Solve First order linear differential equation, initial conditions

[NCyellow]

Homework Statement

The problem is given as follows:
Solve
dy/dt + y = 0.5, y(t=0)=1

Homework Equations

The Attempt at a Solution

I separate the y terms from the t terms, which gives me
dy(-y+0.5)=dt
I integrate both sides to get
-ln(-y+0.5)=t+C
C is the constant, I combine the constants from both sides to one value.
Multiplying both sides by the negative,
ln(-y+0.5)=-t-C
Now i e both sides
-y+0.5=e^(-t-C)
Therefore I can simplify to y=e^(-t-C)+0.5, which is my solution
Since y(0)=1,
e^(-C) = 0.5
I don't know what exactly I am supposed to do with that...
Was my answer correct?
Please advise, Thank you!

 

[latentcorpse]

surely you mean e^{-C}=1.5

 

[NCyellow]

surely you mean e^{-C}=1.5

Wrote the signs wrong, fixed now.

 

[HallsofIvy]

Homework Statement

The problem is given as follows:
Solve
dy/dt + y = 0.5, y(t=0)=1

Homework Equations

The Attempt at a Solution

I separate the y terms from the t terms, which gives me
dy(-y+0.5)=dt

dy/(-y+0.5)= dt

I integrate both sides to get
-ln(-y+0.5)=t+C
C is the constant, I combine the constants from both sides to one value.

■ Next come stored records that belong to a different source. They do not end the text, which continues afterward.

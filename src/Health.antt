-- ===== src/Health.antt =====
-- internal/health/health.go: the answers of /health and /ready, over the data source manager. A check
-- comes to whether it succeeds; the texts of errors are left out.
mod Ready
mod Tests
use mountain_king.Datasource.Manager.{DataSourceManager, health_check_all}
use mountain_king.Prelude.{ℕ, Bool, true, false, not, List, [], ◌∷◌, Bytes, if◌then◌else◌, all, any}
use mountain_king.Table.{Table, put}

pub data Status : Type 0 where
  ok degraded unavailable : Status

-- `healthResponse` with the status code; version and time of the build are constants.
pub record HealthResponse : Type 0 where
  pub status_code : ℕ
  pub status : Status
  pub entries : List (Bytes × Bool)

-- `HealthChecker`: the extra components with their checks.
abbrev pub HealthChecker : Type 0
HealthChecker = Table Bool

unfoldable pub register_component : Bytes → Bool → HealthChecker → HealthChecker
unfolding put
register_component name check components = put name check components

unfoldable pub liveness_check : HealthChecker → HealthResponse
liveness_check components =
    if not (all (λ c. c.1) components)
    then record { status_code = 503; status = degraded; entries = components }
    else record { status_code = 200; status = ok; entries = components }

-- `ReadinessCheck` with the results; there is no healthy one among no results.
unfoldable pub readiness_of : List (Bytes × Bool) → HealthResponse
readiness_of results =
    if not (any (λ r. r.1) results)
    then record { status_code = 503; status = unavailable; entries = results }
    else record { status_code = 200; status = ok; entries = results }

unfoldable pub readiness_check :
    {D : Type 0} → (D → Bool) → DataSourceManager D → HealthResponse × DataSourceManager D
unfolding health_check_all readiness_of
readiness_check health m =
    let (results, m') = health_check_all health m in (readiness_of results, m')
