-- ===== src/Health/Ready.antt =====
-- Readiness is that some data source is served.
use mountain_king.Datasource.Manager.{
  DataSourceStatus, DataSourceManager, get, health_check_all, check_sources, update_status,
}
use mountain_king.Datasource.Manager.Availability.{AreNamed, get-health_check_all}
use mountain_king.Errors.{ok, datasource_error, err_datasource_unavailable}
use mountain_king.Health.{readiness_of, readiness_check}
use mountain_king.Prelude.{
  subst, sym, ◌≡◌, ◌↔◌, refl, ap, ◌∙◌, Bool, true, ◌||◌, none, some, List, [], ◌∷◌, Bytes, arith,
  any, bytes_eq, bytes_eq_iff, if◌then◌else◌, Option-cases, inl, inr, Bool-cases,
}
use mountain_king.Table.{Table, find}

module _ {D : Type 0} (health : D → Bool) where
  -- A data source that is served under its name.
  abbrev pub IsServed : DataSourceManager D → Type 0
  IsServed m = (name : Bytes) × (d : D) × (get name m ≡ ok d)

  any-check_sources :
      (ds : Table D) (status : Table DataSourceStatus)
      → any (λ r. r.1) (check_sources health ds status).0 ≡ any (λ e. health e.1) ds
  unfolding check_sources
  any-check_sources [] status = refl
  any-check_sources ((name, d) ∷ ds) status =
      ap (λ b. health d || b) (any-check_sources ds (update_status name (health d) status))

  any-find :
      (ds : Table D)
      → AreNamed ds
      → any (λ e. health e.1) ds ≡ true
      → (name : Bytes) × (d : D) × (find name ds ≡ some d) × (health d ≡ true)
  unfolding find
  any-find [] h e = cc
  any-find ((name, d) ∷ ds) (new, h) e = elim (Bool-cases (health d)) [
    | inl healthy ↦ (name, d, ground (arith, bytes_eq_iff name name), healthy)
    | inr ill ↦
        let (q, d', found, healthy) = any-find ds h (ground arith) in
        (
          q,
          d',
          elim (Bool-cases (bytes_eq name q)) [
            | inl same ↦
                let e : name ≡ q = ground (arith, bytes_eq_iff name q) in
                let absent : find q ds ≡ none = subst (λ n. find n ds ≡ none) e new in cc
            | inr other ↦ rw other found
          ],
          healthy,
        )
  ]

  find-any :
      (ds : Table D) (name : Bytes) (d : D)
      → find name ds ≡ some d
      → health d ≡ true
      → any (λ e. health e.1) ds ≡ true
  unfolding find
  find-any [] name d h healthy = cc
  find-any ((k, d') ∷ ds) name d h healthy = elim (Bool-cases (bytes_eq k name)) [
    | inl same ↦
        let e : some d' ≡ some d = ground arith in let e' : d' ≡ d = cc in rw (e', healthy) refl
    | inr other ↦ let rest = find-any ds name d (ground arith) healthy in ground arith
  ]

  served_of :
      (m : DataSourceManager D) (name : Bytes) (st : DataSourceStatus) (d : D)
      → AreNamed m.datasources
      → find name m.status ≡ some st
      → find name m.datasources ≡ some d
      → get name (health_check_all health m).1
        ≡ (if health d then ok d else datasource_error err_datasource_unavailable)
  served_of m name st d h known found =
      get-health_check_all health m name st h known ∙ rw found refl

  unserved :
      (m : DataSourceManager D) (name : Bytes)
      → find name m.datasources ≡ none
      → get name (health_check_all health m).1 ≡ datasource_error err_datasource_unavailable
  unfolding get health_check_all
  unserved m name missing = rw missing refl

  healthy_if_served :
      (m : DataSourceManager D) (name : Bytes) (d served : D)
      → (if health d then ok d else datasource_error err_datasource_unavailable) ≡ ok served
      → health d ≡ true
  healthy_if_served m name d served h = elim (Bool-cases (health d)) [
    | inl healthy ↦ healthy
    | inr ill ↦
        let e : datasource_error err_datasource_unavailable ≡ ok served = sym (rw ill refl) ∙ h in
        cc
  ]

  status_code-readiness_of :
      (results : List (Bytes × Bool))
      → ((readiness_of results).status_code ≡ 200) ↔ (any (λ r. r.1) results ≡ true)
  unfolding readiness_of
  status_code-readiness_of results = elim (Bool-cases (any (λ r. r.1) results)) [
    | inl healthy ↦ (λ h. healthy, λ h. rw healthy refl)
    | inr ill ↦ (λ h. ground arith, λ h. cc)
  ]

  -- The readiness probe answers 200 exactly if some data source can be served afterwards, where no two
  -- data sources have one name and each has a status.
  pub readiness_check-IsServed :
      (m : DataSourceManager D)
      → AreNamed m.datasources
      → ((name : Bytes)
          → (d : D) → find name m.datasources ≡ some d
          → (st : DataSourceStatus) × (find name m.status ≡ some st))
      → ((readiness_check health m).0.status_code ≡ 200) ↔ IsServed (readiness_check health m).1
  unfolding readiness_check
  readiness_check-IsServed m h known =
      let (some_healthy, ready) = status_code-readiness_of (health_check_all health m).0 in
      let same : any (λ r. r.1) (health_check_all health m).0
          ≡ any (λ e. health e.1) m.datasources =
        any-check_sources m.datasources m.status in
      (
        λ code.
            let (name, d, found, healthy) =
              any-find m.datasources h (sym same ∙ some_healthy code) in
            let (st, has_status) = known name d found in
            (name, d, served_of m name st d h has_status found ∙ rw healthy refl),
        λ (name, d, served). elim (Option-cases (find name m.datasources)) [
          | inl missing ↦ let e = sym (unserved m name missing) ∙ served in cc
          | inr (d', found) ↦
              let (st, has_status) = known name d' found in
              let e = sym (served_of m name st d' h has_status found) ∙ served in
              ready (same ∙ find-any m.datasources name d' found (healthy_if_served m name d' d e))
        ],
      )
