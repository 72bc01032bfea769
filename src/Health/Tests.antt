-- ===== src/Health/Tests.antt =====
-- A manager of one data source, checked twice.
use mountain_king.Datasource.Manager.{DataSourceStatus, DataSourceManager, fresh_status}
use mountain_king.Health.{readiness_check, liveness_check, register_component}
use mountain_king.Health.Ready.{IsServed, readiness_check-IsServed}
use mountain_king.Prelude.{
  ◌≡◌, ◌↔◌, refl, Bool, true, false, Bool-cases, inl, inr, none, some, [], ◌∷◌, Bytes, codes,
  bytes_eq, arith,
}
use mountain_king.Table.{find}

abbrev manager : DataSourceManager Bool
manager = record {
  datasources = (codes "a", true) ∷ [];
  status = (codes "a", fresh_status true) ∷ [];
}

degraded_by_one :
    (liveness_check (register_component (codes "x") false ((codes "y", true) ∷ []))).status_code
    ≡ 503
unfolding liveness_check register_component bytes_eq
degraded_by_one = refl

known :
    (name : Bytes) (d : Bool)
    → find name manager.datasources ≡ some d
    → (st : DataSourceStatus) × (find name manager.status ≡ some st)
unfolding find
known name d h = elim (Bool-cases (bytes_eq (codes "a") name)) [
  | inl same ↦ (fresh_status true, rw same refl)
  | inr other ↦ let e : none ≡ some d = ground arith in cc
]

readiness_check-IsServed_example :
    ((readiness_check (λ (d : Bool). d) manager).0.status_code ≡ 200)
    ↔ IsServed (λ (d : Bool). d) (readiness_check (λ (d : Bool). d) manager).1
unfolding find
readiness_check-IsServed_example =
    readiness_check-IsServed (λ (d : Bool). d) manager (refl, tt) known
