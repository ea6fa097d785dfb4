-- ===== src/Store.antt =====
-- internal/store: the tables `devices` (devices.go), `settings` and `traps`, with the constraints of
-- schema.go. A statement is one atomic step on the tables; the driver may fail it.
pub mod Devices
pub mod Validity
pub mod Preservation
pub mod Success
pub mod MapView
pub mod Nulls
pub mod Settings
pub mod Opening
pub mod Traps
use mathlib.Core.List.{foldl}
use beacon_v.Prelude.{
  ℕ, suc, String, Bool, true, false, not, ◌&&◌, ◌||◌, Option, none, some, List, [], ◌∷◌, ◌++◌, ◌==◌,
  eqb, keep, if◌then◌else◌, ◌<>◌, itoa, ℤ, pos, negsuc,
}
use beacon_v.Exec.{Result, ok, err, Exec, pure, fail, lift, ◌>>=◌, ◌>>◌, or_fail, map_err}
use beacon_v.World.{
  Error, message, wrap, not_found, Json, null, str, number, boolean, compound, Row, World, Env, Go,
  tick,
}

-- The struct that callers see; a credential field holds a ciphertext.
pub record Device : Type 0 where
  pub id : ℕ
  pub ip_address : String
  pub hostname : String
  pub snmp_version : String
  pub community : String
  pub v3_user : String
  pub v3_auth_key : String
  pub v3_priv_key : String
  pub v3_auth_protocol : String
  pub v3_priv_protocol : String
  pub group_name : String
  pub status : String
  pub is_public_ip : Bool
  pub discovered_via : String
  pub created_at : String
  pub updated_at : String

-- A statement that the driver fails does nothing else.
unfoldable pub statement : {A : Type 0} → Env → Go A → Go A
statement env body w = elim (env.fault w.ticks) [ none ↦ body (tick w) | some e ↦ (err e, tick w) ]

-- A statement that writes CURRENT_TIMESTAMP.
unfoldable pub timed : {A : Type 0} → Env → (String → Go A) → Go A
unfolding statement
timed env body w = statement env (body (env.now w.ticks)) w

abbrev pub is_null {ℓ} : {A : Type ℓ} → Option A → Bool
is_null none = true
is_null (some _) = false

abbrev pub value : Option String → String
value none = ""
value (some s) = s

abbrev pub truth : Option Bool → Bool
truth none = false
truth (some b) = b

-- The columns that `scanDevice` reads into fields that cannot hold NULL.
unfoldable pub has_null : Row → Bool
has_null r =
    is_null r.hostname
    || (is_null r.snmp_version
        || (is_null r.community
            || (is_null r.v3_user
                || (is_null r.v3_auth_key
                    || (is_null r.v3_priv_key
                        || (is_null r.v3_auth_protocol
                            || (is_null r.v3_priv_protocol
                                || (is_null r.group_name
                                    || (is_null r.status
                                        || (is_null r.is_public_ip
                                            || is_null r.discovered_via))))))))))

abbrev pub device_of : Row → Device
device_of r = record {
  id = r.id;
  ip_address = r.ip_address;
  hostname = value r.hostname;
  snmp_version = value r.snmp_version;
  community = value r.community;
  v3_user = value r.v3_user;
  v3_auth_key = value r.v3_auth_key;
  v3_priv_key = value r.v3_priv_key;
  v3_auth_protocol = value r.v3_auth_protocol;
  v3_priv_protocol = value r.v3_priv_protocol;
  group_name = value r.group_name;
  status = value r.status;
  is_public_ip = truth r.is_public_ip;
  discovered_via = value r.discovered_via;
  created_at = r.created_at;
  updated_at = r.updated_at;
}

-- `Scan` cannot convert NULL to a string or a bool.
unfoldable pub scan_device : Row → Result Error Device
unfolding has_null
scan_device r =
    if has_null r
    then err (message "sql: Scan error: converting NULL is unsupported")
    else ok (device_of r)

abbrev pub scan_next : Result Error Device → Result Error (List Device) → Result Error (List Device)
scan_next (err e) _ = err (wrap "store: scanning device" e)
scan_next (ok d) (err e) = err e
scan_next (ok d) (ok ds) = ok (d ∷ ds)

unfoldable pub scan_all : List Row → Result Error (List Device)
scan_all [] = ok []
scan_all (r ∷ rs) = scan_next (scan_device r) (scan_all rs)

abbrev pub has_id : ℤ → Row → Bool
has_id (pos n) r = eqb n r.id
has_id (negsuc n) r = false

unfoldable pub find_id : ℤ → List Row → Option Row
find_id id [] = none
find_id id (r ∷ rs) = if has_id id r then some r else find_id id rs

unfoldable pub find_ip : String → List Row → Option Row
find_ip ip [] = none
find_ip ip (r ∷ rs) = if r.ip_address == ip then some r else find_ip ip rs

abbrev pub scan_found : String → Option Row → Result Error Device
scan_found context none = err not_found
scan_found context (some r) = map_err (wrap context) (scan_device r)

abbrev pub is_status : String → Row → Bool
is_status status r = elim r.status [ none ↦ false | some s ↦ s == status ]

-- CHECK constraints; NULL passes, as in SQL.
abbrev pub version_allowed : Option String → Bool
version_allowed none = true
version_allowed (some v) = v == "v1" || (v == "v2c" || (v == "v3" || v == ""))

abbrev pub status_allowed : Option String → Bool
status_allowed none = true
status_allowed (some s) = s == "pending" || (s == "active" || s == "failed")

unfoldable pub checked : Row → Bool
checked r = version_allowed r.snmp_version && status_allowed r.status

unfoldable pub allowed_device_column : String → Bool
allowed_device_column col =
    col == "hostname"
    || (col == "snmp_version"
        || (col == "community"
            || (col == "v3_user"
                || (col == "v3_auth_key"
                    || (col == "v3_priv_key"
                        || (col == "v3_auth_protocol"
                            || (col == "v3_priv_protocol"
                                || (col == "group_name"
                                    || (col == "status"
                                        || (col == "is_public_ip"
                                            || col == "discovered_via"))))))))))

-- What a TEXT column stores of a bound value.
abbrev pub text_value : Json → Option String
text_value null = none
text_value (str s) = some s
text_value (number s) = some s
text_value (boolean true) = some "1"
text_value (boolean false) = some "0"
text_value compound = none

module _ (env : Env) where
  unfoldable pub set_column : Row → String × Json → Row
  set_column r (col, v) =
      if col == "hostname"
      then record r { hostname = text_value v }
      else if col == "snmp_version"
      then record r { snmp_version = text_value v }
      else if col == "community"
      then record r { community = text_value v }
      else if col == "v3_user"
      then record r { v3_user = text_value v }
      else if col == "v3_auth_key"
      then record r { v3_auth_key = text_value v }
      else if col == "v3_priv_key"
      then record r { v3_priv_key = text_value v }
      else if col == "v3_auth_protocol"
      then record r { v3_auth_protocol = text_value v }
      else if col == "v3_priv_protocol"
      then record r { v3_priv_protocol = text_value v }
      else if col == "group_name"
      then record r { group_name = text_value v }
      else if col == "status"
      then record r { status = text_value v }
      else if col == "is_public_ip"
      then record r { is_public_ip = env.bool_value v }
      else if col == "discovered_via"
      then record r { discovered_via = text_value v }
      else r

Multiplying both sides by the negative,
ln(-y+0.5)=-t-C
Now i e both sides
-y+0.5=e^(-t-C)
Therefore I can simplify to y=e^(-t-C)+0.5, which is my solution
Since y(0)=1,
e^(-C) = 0.5
I don't know what exactly I am supposed to do with that...
Was my answer correct?
Please advise, Thank you!

-y+0.5= e^{-t-C} is NOT equivalent to y= e^{-t-C}+0.5.

Subtracting 0.5 from each side of -y+0.5= e^{-t-C} gives -y= e^{-t-C}- 0.5 and then, multiplying both sides by -1, y= 0.5- e^{-t-C}.

Now, taking y= 1 when t= 0, 1= 0.5- e^{-C} so e^{-C}= 0.5 still.
And e^{-t-C}= e^{-t}e^{-C}. Since e^{-C}= 0.5, e^{-t-C}= 0.5e^{-t} and your solution is y= 0.5- 0.5e^{-t}